Fonte: https://philly.curbed.com/2016/4/22/11487922/historical-photos-first-earth-day

ian mcharg, gênero e ensino

Em sua autobiografia (intitulada A Quest for Life, publicada em 1996), Ian McHarg vez ou outra tece alguns comentários destacados do texto principal sobre assuntos que lhe parecem laterais àquela narrativa. Em alguns momentos o autor fala de episódios curiosos de sua vida profissional e em outros ele aproveita tais pausas para expor sua opinião sobre temas mais sociais e políticos mais amplos. Em uma dessas oportunidades ele aproveita para comentar a respeito da porcentagem de mulheres em posições de ensino e pesquisa nas escolas de arquitetura (e, particularmente, de paisagismo) nos EUA no período em que o paisagista lecionou (entre os anos 50 e 70).

McHarg comenta a quase ausência de mulheres no Departamento de Arquitetura da Paisagem da Universidade da Pensilvânia, onde lecionava desde sempre. Tratava-se, afinal, de uma universidade da Ivy League e, portanto, de um espaço representativo e importante ido ensino superior nos EUA.

Com seu estilo conciliador e algo auto-elogioso, McHarg destaca o papel que teve ele próprio no aumento gradativo do número de mulheres tanto no corpo docente quanto no discente, quando de seu período como coordenador no departamento. McHarg sempre parece ter adotado a figura de uma espécie de gentleman moderno, simultaneamente progressista e conservador, mantendo ao mesmo tempo um ar professoral e paterno e, ao que parece, um legítimo interesse por transformações contemporâneas e pautas minoritárias.

O trecho a seguir ajuda a entendê-lo como a figura conciliadora que era, mesclando reformismo e tradição. Ao não apontar o protagonismo feminino na luta das próprias mulheres pela conquista de espaços de poder (como os da academia), mas, ao contrário, ao posicionar a importância de si mesmo nessa conquista/concessão (um homem branco, rico, ocidental, etc), McHarg também se revela um legítimo personagem estadunidense: afinal, poucas coisas são tão características desse fascinante país como a contínua (às vezes quase imediata) capitulação e ressignificação de pautas contra-hegemônicas pelo sistema dominante.

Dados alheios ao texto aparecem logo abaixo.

-- ===== src/Session/Changes.antt =====
-- Creating, deleting and generating objects (`create_object`, `delete_object` and `generate_key` of
-- pkcs11/src/backend/session.rs).
use nethsm_pkcs.Common.{ℕ, String, Option, none, some, List, Result, ok, err, if◌then◌else◌}
use nethsm_pkcs.Errors.{
  ObjectKind, certificate, private_key, secret_key, UserMode, Error, not_logged_in,
  invalid_object_handle, ApiError,
}
use nethsm_pkcs.Errors
use nethsm_pkcs.Mechanism.{Mechanism}
use nethsm_pkcs.Service.{ApiCall}
use nethsm_pkcs.Service.Keys.{KeyService}
use nethsm_pkcs.Login.{LoginCtx, Run, returns, ◌>>=◌, can_run_mode}
use nethsm_pkcs.Login.Calls.{try_}
use nethsm_pkcs.Db.{Db, Object, remove_object}
use nethsm_pkcs.Db.Attributes.{CkRawAttr}
use nethsm_pkcs.Keys.Create.{Aliases, KeyInfo, create_key_from_template}
use nethsm_pkcs.Keys.Fetch.{Entries, Outcome, fetch_key, fetch_certificate}
use nethsm_pkcs.Keys.Generate.{generate_key_from_template}
use nethsm_pkcs.Session.{Session, key_of}

module _ {W : Type 0} (k : KeyService W) where
  -- What was created is fetched by its identifier alone.
  unfoldable pub fetch_created : KeyInfo → LoginCtx → Db → W → Outcome W Entries
  unfolding fetch_key fetch_certificate
  fetch_created (id, certificate, raw_id) c db w = fetch_certificate k id none c db w
  fetch_created (id, _, raw_id) c db w = fetch_key k id none c db w

  unfoldable pub create_object : List CkRawAttr → Aliases → Session → Db → W → Outcome W Entries
  unfolding can_run_mode create_key_from_template fetch_created
  create_object template aliases s db w =
      if can_run_mode s.login_ctx UserMode.administrator
      then (do
        (created, w') ← create_key_from_template k template aliases s.login_ctx w
        elim created [
          | err e ↦ returns (err e, db, w')
          | ok info ↦ fetch_created info s.login_ctx db w'
        ])
      else returns (err (not_logged_in UserMode.administrator), db, w)

  -- The call at the NetHSM for an object of this kind, and none for other kinds.
  unfoldable pub delete_call : ObjectKind → String → Option (ApiCall W (Unit {0}))
  delete_call certificate id = some (k.keys_key_id_cert_delete id)
  delete_call secret_key id = some (k.keys_key_id_delete id)
  delete_call private_key id = some (k.keys_key_id_delete id)
  delete_call _ id = none

  unfoldable pub delete_remote :
      Object → Session → W → Run (Result ApiError (Unit {0}) × Session × W)
  unfolding delete_call try_
  delete_remote key s w = elim (delete_call key.kind key.id) [
    | none ↦ returns (ok tt, s, w)
    | some call ↦ do
      (response, c, w') ← try_ k.service call UserMode.administrator s.login_ctx w
      returns (response, record s { login_ctx = c }, w')
  ]

  unfoldable pub remove_local : ℕ → Db → Result Error (Unit {0}) × Db
  unfolding remove_object
  remove_local handle db =
      let (removed, db') = remove_object handle db in
      elim removed [ some key ↦ (ok tt, db') | none ↦ (err (invalid_object_handle handle), db') ]

  unfoldable pub delete_known :
      ℕ → Object → Session → Db → W → Run (Result Error (Unit {0}) × Session × Db × W)
  unfolding delete_remote remove_local
  delete_known handle key s db w = do
    (response, s', w') ← delete_remote key s w
    elim response [
      | err e ↦ returns (err (Errors.api e), s', db, w')
      | ok done ↦ let (result, db') = remove_local handle db in returns (result, s', db', w')
    ]

  unfoldable pub delete_object :
      ℕ → Session → Db → W → Run (Result Error (Unit {0}) × Session × Db × W)
  unfolding can_run_mode key_of delete_known
  delete_object handle s db w =
      if can_run_mode s.login_ctx UserMode.administrator
      then elim (key_of db handle) [
        | err e ↦ returns (err e, s, db, w)
        | ok key ↦ delete_known handle key s db w
      ]
      else returns (err (not_logged_in UserMode.administrator), s, db, w)

  unfoldable pub generate_key :
      List CkRawAttr → Option (List CkRawAttr) → Mechanism → Session → Db → W → Outcome W Entries
  unfolding can_run_mode generate_key_from_template
  generate_key template public_template mechanism s db w =
      if can_run_mode s.login_ctx UserMode.administrator
      then generate_key_from_template k template public_template mechanism s.login_ctx db w
      else returns (err (not_logged_in UserMode.administrator), db, w)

Durante meu tempo como coordenador da arquitetura da paisagem e do planejamento regional, a proporção de mulheres cresceu tanto entre docentes quanto entre discentes. […] Então, com Ruth Patrick, Carol Franklin, Leslie Sauer, Setha Low e Sally Anderson, o corpo docente, atingiu paridade de gêneros em todos dos campos, com exceção dos estúdios de projeto. Não havia, infelizmente, equivalentes femininos nos estúdios de projeto de Penn a Peter Shepheard, Bob Hanna, Laurie Olin, A. E. Bye ou Jon Coe. Entretanto, o processo está em curso. […]

Ao longo de vinte anos, o corpo docente feminino em arquitetura da paisagem em Penn cresceu de zero para quase paridade, e o mesmo processo pode ser testemunhado entre os estudantes. Em 1954, meu primeiro ano em Penn, havia duas estudantes mulheres (Joan Taylor e Ty Learn). Nas últimas duas décadas os estudantes passaram a mais ou menos equivaler em gêneros. Consigo me lembrar do momento em que a mudança ocorreu.

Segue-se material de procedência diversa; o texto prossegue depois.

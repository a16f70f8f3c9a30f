-- ===== src/Api/ObjectCalls.antt =====
-- C_FindObjectsInit, C_GetObjectSize, C_CreateObject, C_DestroyObject and
-- C_SetAttributeValue (pkcs11/src/api/object.rs).
use text.Mathlib.Text.{◌==◌ as str_eq}
use nethsm_pkcs.Common.{
  ℕ, String, Bool, true, false, Option, none, some, List, [], ◌∷◌, Result, ok, err, unwrap_or, ltb,
  if◌then◌else◌,
}
use nethsm_pkcs.Constants
use nethsm_pkcs.Errors.{Error, error_rv}
use nethsm_pkcs.Service.Keys.{KeyService}
use nethsm_pkcs.Login.{Run, returns, ◌>>=◌}
use nethsm_pkcs.Db.{Object, object}
use nethsm_pkcs.Db.Attributes.{CkRawAttr}
use nethsm_pkcs.Keys.{ParsedAttributes, parse_attributes}
use nethsm_pkcs.Keys.Create.{Aliases}
use nethsm_pkcs.Keys.Fetch.{Entries}
use nethsm_pkcs.Session.Objects.{enum_init}
use nethsm_pkcs.Session.Changes.{create_object, delete_object}
use nethsm_pkcs.Manager.{get_session}
use nethsm_pkcs.Api.{Globals, Reply, just, sized, init_rv, CacheHandler, lock_cache}

abbrev pub aliases_of : Globals → Aliases
aliases_of g = record {
  enabled = elim g.slots [ none ↦ none | some slots ↦ some g.enable_set_attribute_value ];
  names = g.key_aliases;
}

-- `insert` of a map from names to names.
unfoldable pub set_alias : String → String → List (String × String) → List (String × String)
set_alias name value [] = (name, value) ∷ []
set_alias name value (entry ∷ names) =
    let rest = set_alias name value names in
    if str_eq entry.0 name then (name, value) ∷ names else entry ∷ rest

-- The size that is written, or none.
unfoldable pub c_get_object_size : ℕ → ℕ → Bool → Globals → Reply
c_get_object_size hSession hObject false g = just Constants.ckr_arguments_bad
c_get_object_size hSession hObject true g = elim (get_session hSession g.manager) [
  | none ↦ just Constants.ckr_session_handle_invalid
  | some s ↦ elim (object (g.dbs s.db) hObject) [
    | none ↦ just Constants.ckr_object_handle_invalid
    | some obj ↦ sized Constants.ckr_ok (unwrap_or obj.size 0)
  ]
]

-- The handle that is written is that of the first object.
created_reply : Result Error Entries → Reply
created_reply (err e) = just (error_rv e)
created_reply (ok []) = just Constants.ckr_general_error
created_reply (ok (entry ∷ entries)) = sized Constants.ckr_ok entry.0

module _ {W : Type 0} (k : KeyService W) where
  unfoldable pub find_init_handler : Option (List CkRawAttr) → CacheHandler W
  unfolding enum_init init_rv
  find_init_handler template s db w = do
    (result, s', db', w') ← enum_init k template s db w
    returns (just (init_rv result), s', db', w')

  -- `ulCount` is the number that comes with a null pointer.
  unfoldable pub c_find_objects_init :
      ℕ → Option (List CkRawAttr) → ℕ → Globals → W → Run (Reply × Globals × W)
  unfolding lock_cache find_init_handler
  c_find_objects_init hSession (some template) ulCount g w =
      lock_cache hSession (find_init_handler (some template)) g w
  c_find_objects_init hSession none ulCount g w =
      if ltb 0 ulCount
      then returns (just Constants.ckr_arguments_bad, g, w)
      else lock_cache hSession (find_init_handler none) g w

  unfoldable pub create_handler : List CkRawAttr → Aliases → CacheHandler W
  unfolding create_object created_reply
  create_handler template aliases s db w = do
    (result, db', w') ← create_object k template aliases s db w
    returns (created_reply result, s, db', w')

  -- `phObject` says whether the pointer is there.
  unfoldable pub c_create_object :
      ℕ → Option (List CkRawAttr) → Bool → Globals → W → Run (Reply × Globals × W)
  unfolding lock_cache create_handler
  c_create_object hSession template false g w = returns (just Constants.ckr_arguments_bad, g, w)
  c_create_object hSession none true g w = returns (just Constants.ckr_arguments_bad, g, w)
  c_create_object hSession (some template) true g w =
      lock_cache hSession (create_handler template (aliases_of g)) g w

  unfoldable pub destroy_handler : ℕ → CacheHandler W
  unfolding delete_object init_rv
  destroy_handler hObject s db w = do
    (result, s', db', w') ← delete_object k hObject s db w
    returns (just (init_rv result), s', db', w')

  unfoldable pub c_destroy_object : ℕ → ℕ → Globals → W → Run (Reply × Globals × W)
  unfolding lock_cache destroy_handler
  c_destroy_object hSession hObject g w = lock_cache hSession (destroy_handler hObject) g w

  -- The new name of the object becomes an alias of its identifier.
  unfoldable pub rename : Option String → Object → Globals → ℕ × Globals
  unfolding set_alias
  rename none obj g = (Constants.ckr_attribute_read_only, g)
  rename (some new_name) obj g =
      (Constants.ckr_ok, record g { key_aliases = set_alias new_name obj.id g.key_aliases })

  unfoldable pub set_parsed : ℕ → ℕ → ParsedAttributes → Globals → ℕ × Globals
  unfolding rename
  set_parsed hSession hObject parsed g = elim (aliases_of g).enabled [
    | none ↦ (Constants.ckr_cryptoki_not_initialized, g)
    | some false ↦ (Constants.ckr_attribute_read_only, g)
    | some true ↦ elim (get_session hSession g.manager) [
      | none ↦ (Constants.ckr_session_handle_invalid, g)
      | some s ↦ elim (object (g.dbs s.db) hObject) [
        | none ↦ (Constants.ckr_object_handle_invalid, g)
        | some obj ↦ rename parsed.id obj g
      ]
    ]
  ]

  unfoldable pub c_set_attribute_value : ℕ → ℕ → Option (List CkRawAttr) → Globals → ℕ × Globals
  unfolding parse_attributes set_parsed
  c_set_attribute_value hSession hObject none g = (Constants.ckr_arguments_bad, g)
  c_set_attribute_value hSession hObject (some template) g = elim (parse_attributes k template) [
    | err e ↦ (error_rv e, g)
    | ok parsed ↦ set_parsed hSession hObject parsed g
  ]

Durante a primeira década, o número de jovens mulheres limitava-se a um ou duas por turma. Tratava-se de um mundo de “trabalho de homem”, de acordo com a visão de mundo enviesada da época. A maior parte das escolas da Ivy League admitiam apenas homens e a maioria das escolas de arquitetura tinha uma cota de mulheres. O programa de arquitetura de Penn, entretanto, era completamente excludente. […]

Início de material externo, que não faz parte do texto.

-- ===== src/Api/Aliases.antt =====
-- Aliases of keys: what C_SetAttributeValue (pkcs11/src/api/object.rs) enters, `upload_certificate`
-- (backend/key.rs) looks up.
use text.Mathlib.Text.{◌==◌ as str_eq}
use text.Mathlib.TextEquality.{eq_iff}
use nethsm_pkcs.Common.{
  ℕ, ◌≡◌, refl, String, true, some, List, [], ◌∷◌, ok, if◌then◌else◌, arith, Option-cases, inl, inr,
}
use nethsm_pkcs.Constants
use nethsm_pkcs.Service.Keys.{KeyService}
use nethsm_pkcs.Login.{LoginCtx}
use nethsm_pkcs.Db.{Object, object}
use nethsm_pkcs.Db.Attributes.{CkRawAttr}
use nethsm_pkcs.Keys.{ParsedAttributes, parse_attributes}
use nethsm_pkcs.Keys.Create.{alias_of, real_name, put_certificate, upload_certificate}
use nethsm_pkcs.Session.{Session}
use nethsm_pkcs.Manager.{get_session}
use nethsm_pkcs.Api.{Globals}
use nethsm_pkcs.Api.ObjectCalls.{aliases_of, set_alias, rename, set_parsed, c_set_attribute_value}

alias_of-set_alias :
    (name other value : String) (names : List (String × String))
    → alias_of other (set_alias name value names)
      ≡ (if str_eq name other then some value else alias_of other names)
unfolding alias_of set_alias
alias_of-set_alias name other value [] = refl
alias_of-set_alias name other value (entry ∷ names) = ground (
  arith,
  alias_of-set_alias name other value names,
  eq_iff entry.0 name,
  eq_iff entry.0 other,
  eq_iff name other,
)

-- What a change that succeeds has found and entered.
abbrev Entered : ℕ → ℕ → Globals → Globals → ParsedAttributes → Type 0
Entered hSession hObject g g' p =
    (s : Session) × (obj : Object) × (name : String) × (get_session hSession g.manager ≡ some s)
    × (object (g.dbs s.db) hObject ≡ some obj)
    × (p.id ≡ some name)
    × ((aliases_of g').enabled ≡ some true)
    × (g'.key_aliases ≡ set_alias name obj.id g.key_aliases)

module _ {W : Type 0} (k : KeyService W) where
  set_parsed-Entered :
      (hSession hObject : ℕ) (p : ParsedAttributes) (g g' : Globals)
      → set_parsed k hSession hObject p g ≡ (Constants.ckr_ok, g')
      → Entered hSession hObject g g' p
  unfolding set_parsed rename
  set_parsed-Entered hSession hObject p g g' h =
      elim (Option-cases (get_session hSession g.manager)) [
        | inl e ↦ absurd (ground arith)
        | inr (s, e) ↦ elim (Option-cases (object (g.dbs s.db) hObject)) [
          | inl f ↦ absurd (ground arith)
          | inr (obj, f) ↦ elim (Option-cases p.id) [
            | inl i ↦ absurd (ground arith)
            | inr (name, i) ↦ (s, obj, name, e, f, i, ground arith, ground arith)
          ]
        ]
      ]

  -- Where C_SetAttributeValue returns CKR_OK, the template names a new identifier and the handle
  -- leads to an object in the cache of the session; from then on a certificate that is uploaded
  -- under the new identifier is put to the object's own identifier at the NetHSM.
  pub upload_certificate-renamed :
      (hSession hObject : ℕ) (template : List CkRawAttr) (g g' : Globals) (p q : ParsedAttributes)
      (cert : List ℕ) (c : LoginCtx) (w : W)
      → c_set_attribute_value k hSession hObject (some template) g ≡ (Constants.ckr_ok, g')
      → parse_attributes k template ≡ ok p
      → q.id ≡ p.id
      → q.value ≡ some cert
      → (s : Session) × (obj : Object) × (get_session hSession g.manager ≡ some s)
        × (object (g.dbs s.db) hObject ≡ some obj)
        × (upload_certificate k q (aliases_of g') c w ≡ put_certificate k cert obj.id q c w)
  unfolding c_set_attribute_value upload_certificate real_name
  upload_certificate-renamed hSession hObject template g g' p q cert c w h e i v =
      let (s, obj, name, f, o, n, enabled, entered) =
        set_parsed-Entered hSession hObject p g g' (cc (h, e)) in
      (
        s,
        obj,
        f,
        o,
        ground (arith, alias_of-set_alias name name obj.id g.key_aliases, eq_iff name name),
      )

A tática de requisitar formação em arquitetura para nosso programa de Master of Landscape Architecture (M.L.A.) provava-se à época bem sucedido. Estes estudantes rapidamente adquiriam uma reputação por um projeto habilidoso. Porém, com a introdução da ciência no programa, e notavelmente da ecologia, ficou claro que um corpo discente composto por arquitetos era inapropriado para um currículo baseado em ciências ambientais. Então introduzimos um novo programa de M.L.A. em três anos voltado a pessoas sem diplomas profissionais. Esses novos candidatos com B.A.s. e B.S.s eram altamente inteligentes, não apresentavam qualquer antipatia à ciência e traziam consigo novos saberes e ideias. O programa de três anos atraiu um público ampliado e — eu reconheci de imediato — continha uma proporção significativamente maior de jovens mulheres. Isto era uma fonte de inteligência e paixão, como passei a apreciar, e podia efetuar importantes contribuições à profissão. Mudei então minha tática e passei a dar séria atenção às mulheres como fonte de recrutas entre os candidatos.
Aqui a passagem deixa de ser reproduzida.